» Problem
Look through the data and write out every line with the word "Trigger" in it.

** Data to process follows **

-- ===== src/Wiring/Restore.antt =====
-- The whole way of a refund's callback: from the task over the broker to the recovered place.
use group_buy_market.Prelude.{
  ◌≡◌, ap, ◌∙◌, Bool, false, ◌||◌, ◌++◌, if◌then◌else◌, pos, String, str_eq, str_eq_self, none,
  some, [], ◌∷◌, map,
}
use group_buy_market.Trade.Entities.{
  Time, TradeRefundOrderEntity, Parameter, refund_success, team_settled,
}
use group_buy_market.Trade.StockKey.{generate_recovery_team_stock_key}
use group_buy_market.Store.Rows.{World}
use group_buy_market.Repository.Stock.{is_set, refund_lock_key}
use group_buy_market.Repository.Stock.Once.{recovered_once}
use group_buy_market.Repository.Tasks.{refund_task, refund_parameter, to_notify_entity}
use group_buy_market.Service.Refund.{strategy_map}
use group_buy_market.Trigger.Listener.{Body, team_refund_handler, consume}
use group_buy_market.Trigger.Listener.Twice.{KnownType, consume-twice}
use group_buy_market.Wiring.Config.{RabbitMqConfig, NotifyConfig}
use group_buy_market.Wiring.Broker.{Queues, event_publish}
use group_buy_market.Wiring.Topics.{
  Aligned, Exact, bound, wired, routing_key_of, refund_callback-queued,
}

-- What the handler decodes: a field that the object lacks is empty.
abbrev pub body_of : Parameter → Body
body_of (refund_success msg) = some msg
body_of (team_settled team_id out_trade_nos) = some (record {
  refund_type = "";
  user_id = "";
  team_id = team_id;
  order_id = "";
  out_trade_no = "";
  activity_id = pos 0;
})

module _ {D : Type 0} (matches : String → String → Bool) (mq : RabbitMqConfig)
    (notify : NotifyConfig)
    (success_exact : Exact matches (bound mq notify).team_success.routing_key)
    (refund_exact : Exact matches (bound mq notify).team_refund.routing_key) where
  -- With a connected client, bindings without wildcards and a configuration whose topics are `Aligned`,
  -- a refund's callback that is published while the refund queue is empty gives the place back: the
  -- consumer of the queue takes the message, adds one recovered place to the team of the order and
  -- leaves the queue empty. The refund is of a known type, Redis answers, the key of the recovered
  -- stock is no lock of the order and that lock is free.
  pub refund_callback-restores :
      (aligned : Aligned mq notify) (now later : Time) (topic : String)
      (order : TradeRefundOrderEntity) (category refund_type : String) (queues : Queues)
      (w : World D)
      → let key = generate_recovery_team_stock_key order.activity_id order.team_id in
        let task =
          to_notify_entity (refund_task now notify.topic_team_refund order category refund_type) in
        let queue = (bound mq notify).team_refund.queue in
        KnownType refund_type
        → (str_eq key "" || str_eq order.order_id "") ≡ false
        → str_eq key (refund_lock_key order.order_id) ≡ false
        → is_set (w.redis (refund_lock_key order.order_id)) ≡ false
        → w.faults ≡ []
        → queues queue ≡ []
        → consume
            (team_refund_handler (strategy_map later topic))
            (map body_of (
              (event_publish matches
                  (wired mq notify)
                  none
                  (routing_key_of task)
                  task.parameter_json
                  queues).1
                queue))
            w
          ≡ ([], recovered_once key order.order_id w)
  refund_callback-restores aligned now later topic order category refund_type queues w known named
        apart free f empty =
      let queue = (bound mq notify).team_refund.queue in
      let message = refund_parameter order refund_type in
      let there =
        refund_callback-queued matches mq notify success_exact refund_exact aligned now order
          category refund_type queues queue
        ∙ ap (λ b. if b then queues queue ++ message ∷ [] else queues queue) (str_eq_self queue)
        ∙ ap (λ ms. ms ++ message ∷ []) empty in
      ap (λ ms. consume (team_refund_handler (strategy_map later topic)) (map body_of ms) w) there
      ∙ (consume-twice later topic _ w known named apart free f []).0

** End of Data to process **

» Result of this task
use group_buy_market.Trigger.Listener.{Body, team_refund_handler, consume}
use group_buy_market.Trigger.Listener.Twice.{KnownType, consume-twice}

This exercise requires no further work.